• **Goal of the exercise**: Scan the data for "steps" and copy the lines it appears in.

• **Data records**:
+++

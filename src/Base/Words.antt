-- ===== src/Base/Words.antt =====
-- Machine words: the bounds of Go's fixed-width integers, and the reading of a 64-bit pattern as a
-- signed number.
use Prim.Native.Nat.{ℕ, ◌-◌, ◌^◌}
use azeroth_core_web.Base.Tests.{ltb, if◌then◌else◌}
use azeroth_core_web.Base.Int.{ℤ, pos, negsuc}

abbrev pub u32_mod : ℕ
u32_mod = 2 ^ 32

abbrev pub u64_mod : ℕ
u64_mod = 2 ^ 64

abbrev pub i64_limit : ℕ
i64_limit = 2 ^ 63

-- `int64(x)` of a `uint64` x: the same bit pattern in two's complement.
unfoldable pub to_int64 : ℕ → ℤ
to_int64 x = if ltb x i64_limit then pos x else negsuc (u64_mod - 1 - x)
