-- ===== src/Accounts/Totp.antt =====
-- internal/web/security.go: the secret of an authenticator, encrypted and decrypted, and its codes.
use azeroth_core_web.Base.{
  ℕ, zero, suc, ◌+◌, ◌-◌, ◌*◌, ◌/◌, ◌%◌, ◌^◌, ◌||◌, Bool, false, Option, none, some, [], ◌∷◌, ◌++◌,
  Text, text_eq, ◌==◌, ltb, if◌then◌else◌, length, take, drop, get_elem?, has_prefix, trim_prefix,
  trim_space, to_upper, decimal, codes,
}
use azeroth_core_web.Base.Words.{u64_mod}
use azeroth_core_web.Accounts.{Crypto}

abbrev pub totp_aad : Text
totp_aad = codes "azeroth-portal:totp:v1"

-- `gcm.NonceSize()` of `cipher.NewGCM`
abbrev pub nonce_size : ℕ
nonce_size = 12

-- `encryptTOTP`, from the nonce, which `rand.Read` may fail to give. A key of 32 bytes is one that
-- `aes.NewCipher` takes.
unfoldable pub encrypt_totp : Crypto → Text → Option Text → Text → Option Text
encrypt_totp lib key none secret = none
encrypt_totp lib key (some nonce) secret =
    if length key == 32
    then some (codes "v1:" ++ lib.base64_encode (nonce ++ lib.seal key nonce secret totp_aad))
    else none

unfoldable pub open_payload : Crypto → Text → Option Text → Option Text
open_payload lib key none = none
open_payload lib key (some payload) =
    if ltb (length payload) nonce_size
    then none
    else lib.open_sealed key (take nonce_size payload) (drop nonce_size payload) totp_aad

-- `decryptTOTP`: a value without the prefix is an old one, in the clear.
unfoldable pub decrypt_totp : Crypto → Text → Text → Option Text
decrypt_totp lib key stored =
    if has_prefix stored (codes "v1:")
    then (if length key == 32
        then open_payload lib key (lib.base64_decode (trim_prefix stored (codes "v1:")))
        else none)
    else some stored

-- `binary.BigEndian.PutUint64`
unfoldable pub big_endian : ℕ → ℕ → Text → Text
big_endian zero n bytes = bytes
big_endian (suc size) n bytes = big_endian size (n / 256) ((n % 256) ∷ bytes)

-- `sum[i]`; the index is within a sum of 20 bytes, as those of HMAC-SHA-1 are.
abbrev pub byte_at : Text → ℕ → ℕ
byte_at sum i = elim (get_elem? sum i) [ none ↦ 0 | some b ↦ b ]

-- The 31 bits that the last byte of a sum points at.
unfoldable pub truncate : Text → ℕ
truncate sum =
    let i = byte_at sum (length sum - 1) % 16 in
    byte_at sum i % 128 * 2 ^ 24
    + byte_at sum (i + 1) * 2 ^ 16
    + byte_at sum (i + 2) * 2 ^ 8
    + byte_at sum (i + 3)

abbrev pub zeros : ℕ → Text
zeros zero = []
zeros (suc n) = 48 ∷ zeros n

-- `fmt.Sprintf("%06d", n)`
unfoldable pub decimal6 : ℕ → Text
decimal6 n = let digits = decimal n in zeros (6 - length digits) ++ digits

-- The code of a counter under a key.
unfoldable pub code_of : Crypto → Text → ℕ → Text
code_of lib raw counter =
    decimal6 (truncate (lib.hmac_sha1 raw (big_endian 8 counter [])) % 1000000)

-- The loop over the offsets -1, 0 and 1, here the numbers 0, 1 and 2 less 1; `steps` is the time in
-- periods of 30 seconds. A counter is a uint64.
unfoldable pub offset_loop : Crypto → Text → Text → ℕ → ℕ → ℕ → Bool
offset_loop lib raw code steps offset zero = false
offset_loop lib raw code steps offset (suc rounds) =
    text_eq (code_of lib raw ((steps + offset + (u64_mod - 1)) % u64_mod)) code
    || offset_loop lib raw code steps (suc offset) rounds

abbrev pub try_key : Crypto → Text → ℕ → Option Text → Bool
try_key lib code now none = false
try_key lib code now (some raw) =
    if length code == 6 then offset_loop lib raw code (now / 30) 0 3 else false

-- `validTOTP`
unfoldable pub valid_totp : Crypto → Text → Text → ℕ → Bool
valid_totp lib secret code now =
    try_key lib code now (lib.base32_decode (to_upper (trim_space secret)))
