-- ===== src/Accounts/Security.antt =====
-- internal/web/security.go: the handlers of an account's second factor, its confirmation of a session,
-- its password and its sessions. The link for the authenticator app is left out of the response.
use azeroth_core_web.Base.{
  ℕ, not, Bool, true, false, Option, none, some, List, [], ◌∷◌, ◌++◌, Text, ◌==◌, ltb,
  if◌then◌else◌, length, find_if, count_if, update_if, delete_if,
}
use azeroth_core_web.Http.{Problem, problem, or_problem}
use azeroth_core_web.Db.{
  Exec, update, query, query_or, transaction, stop_if, pure, lift, ◌>>=◌, ◌>>◌,
}
use azeroth_core_web.Accounts.{Accounts, AccountSecurity, RecoveryCode, Crypto}
use azeroth_core_web.Accounts.Totp.{encrypt_totp, decrypt_totp, valid_totp}
use azeroth_core_web.Accounts.Recovery.{
  normalize_recovery_code, recovery_code_hash, generate_recovery_codes, is_code, drop_code,
  insert_codes,
}
use azeroth_core_web.Accounts.Sessions.{auth}

abbrev pub of_account : ℕ → AccountSecurity → Bool
of_account account x = x.account == account

abbrev pub text_or_empty : Option Text → Text
text_or_empty none = []
text_or_empty (some s) = s

-- `SELECT totp_secret ...`: NULL is read as no bytes.
unfoldable pub secret_of : ℕ → Accounts → Option Text
secret_of account s = elim (find_if (of_account account) s.securities) [
  | none ↦ none
  | some x ↦ some (text_or_empty x.totp_secret)
]

-- `SELECT totp_enabled ...`, false where there is no row
unfoldable pub is_enabled : ℕ → Accounts → Bool
is_enabled account s = elim (find_if (of_account account) s.securities) [
  | none ↦ false
  | some x ↦ x.totp_enabled
]

-- `INSERT INTO portal_account_security ... ON DUPLICATE KEY UPDATE`
unfoldable pub save_secret : ℕ → Text → Accounts → Accounts
save_secret account secret s = record s {
  securities =
      if ltb 0 (count_if (of_account account) s.securities)
      then update_if (of_account account)
          (λ x. record x { totp_secret = some secret; totp_enabled = false }) s.securities
      else s.securities
        ++ record { account = account; totp_secret = some secret; totp_enabled = false } ∷ [];
}

-- `securityTOTPSetup`, from the random bytes of the secret and of the nonce: the secret
unfoldable pub security_totp_setup :
    Crypto → Text → ℕ → Option Text → Option Text → Option Text → Exec Accounts Problem Text
security_totp_setup lib key now cookie raw nonce = do
  a ← auth lib now cookie
  enabled ← query_or false (is_enabled a.id)
  stop_if enabled (problem 409 "Disable the current authenticator before enrolling a new one")
  stop_if (not (length key == 32))
      (problem 503 "Authenticator enrollment requires TOTP_ENCRYPTION_KEY")
  bytes ← lift (or_problem raw (problem 500 "Could not generate secret"))
  encrypted ← lift (
      or_problem (encrypt_totp lib key nonce (lib.base32_encode bytes))
        (problem 500 "Could not save authenticator setup"))
  update (problem 500 "Could not save authenticator setup") (λ _. tt {0})
      (save_secret a.id encrypted)
  pure (lib.base32_encode bytes)

abbrev pub matches : Crypto → Text → ℕ → Option Text → Bool
matches lib code now none = false
matches lib code now (some secret) = valid_totp lib secret code now

-- `decryptTOTP` and `validTOTP` of a stored secret
unfoldable pub is_current : Crypto → Text → ℕ → Text → Text → Bool
is_current lib key now stored code = matches lib code now (decrypt_totp lib key stored)

abbrev pub owned_code : ℕ → RecoveryCode → Bool
owned_code account x = x.account == account

abbrev pub drop_codes : ℕ → Accounts → Accounts
drop_codes account s = record s { codes = delete_if (owned_code account) s.codes }

abbrev pub set_enabled : ℕ → Accounts → Accounts
set_enabled account s = record s {
  securities = update_if (of_account account) (λ x. record x { totp_enabled = true }) s.securities;
}

unfoldable pub enable_body : ℕ → List Text → Exec Accounts Problem Unit
enable_body account hashes = do
  update (problem 500 "Could not enable authenticator") (λ _. tt {0}) (set_enabled account)
  update (problem 500 "Could not enable authenticator") (λ _. tt {0}) (drop_codes account)
  insert_codes (problem 500 "Could not enable authenticator") account hashes

-- `securityTOTPEnable`, from the random bytes of ten codes: the recovery codes
unfoldable pub security_totp_enable :
    Crypto → Text → ℕ → Option Text → Text → Option (List Text) → Exec Accounts Problem (List Text)
security_totp_enable lib key now cookie code raws = do
  a ← auth lib now cookie
  stored ← query (problem 422 "Invalid authenticator code") (secret_of a.id)
  stop_if (not (is_current lib key now stored code)) (problem 422 "Invalid authenticator code")
  random ← lift (or_problem raws (problem 500 "Could not generate recovery codes"))
  transaction (problem 503 "Database unavailable") (problem 500 "Could not enable authenticator")
      (enable_body a.id (generate_recovery_codes lib random).1)
  pure (generate_recovery_codes lib random).0

abbrev pub clear_secret : ℕ → Accounts → Accounts
clear_secret account s = record s {
  securities =
      update_if (of_account account) (λ x. record x { totp_secret = none; totp_enabled = false })
        s.securities;
}

-- A recovery code in place of the authenticator's.
unfoldable pub spend_code : Crypto → ℕ → Text → Exec Accounts Problem Unit
spend_code lib account code = do
  stop_if (not (length (normalize_recovery_code code) == 16))
      (problem 422 "Invalid authenticator or recovery code")
  rows ←
      update (problem 422 "Invalid authenticator or recovery code")
        (λ s.
          count_if (is_code account (recovery_code_hash lib (normalize_recovery_code code)))
            s.codes)
        (drop_code account (recovery_code_hash lib (normalize_recovery_code code)))
  stop_if (not (rows == 1)) (problem 422 "Invalid authenticator or recovery code")

unfoldable pub disable_body : Crypto → ℕ → Bool → Text → Exec Accounts Problem Unit
disable_body lib account totp_valid code = do
  if totp_valid then pure tt else spend_code lib account code
  update (problem 500 "Could not disable authenticator") (λ _. tt {0}) (clear_secret account)
  update (problem 500 "Could not disable authenticator") (λ _. tt {0}) (drop_codes account)

-- `securityTOTPDisable`
unfoldable pub security_totp_disable :
    Crypto → Text → ℕ → Option Text → Text → Exec Accounts Problem Unit
security_totp_disable lib key now cookie code = do
  a ← auth lib now cookie
  stored ←
      query (problem 422 "Invalid authenticator or recovery code")
        (λ s. if is_enabled a.id s then secret_of a.id s else none)
  transaction (problem 503 "Database unavailable") (problem 500 "Could not disable authenticator")
      (disable_body lib a.id (is_current lib key now stored code) code)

+++

• **Exercise result**:
-- The loop over the offsets -1, 0 and 1, here the numbers 0, 1 and 2 less 1; `steps` is the time in
offset_loop lib raw code steps offset zero = false
offset_loop lib raw code steps offset (suc rounds) =
    text_eq (code_of lib raw ((steps + offset + (u64_mod - 1)) % u64_mod)) code
    || offset_loop lib raw code steps (suc offset) rounds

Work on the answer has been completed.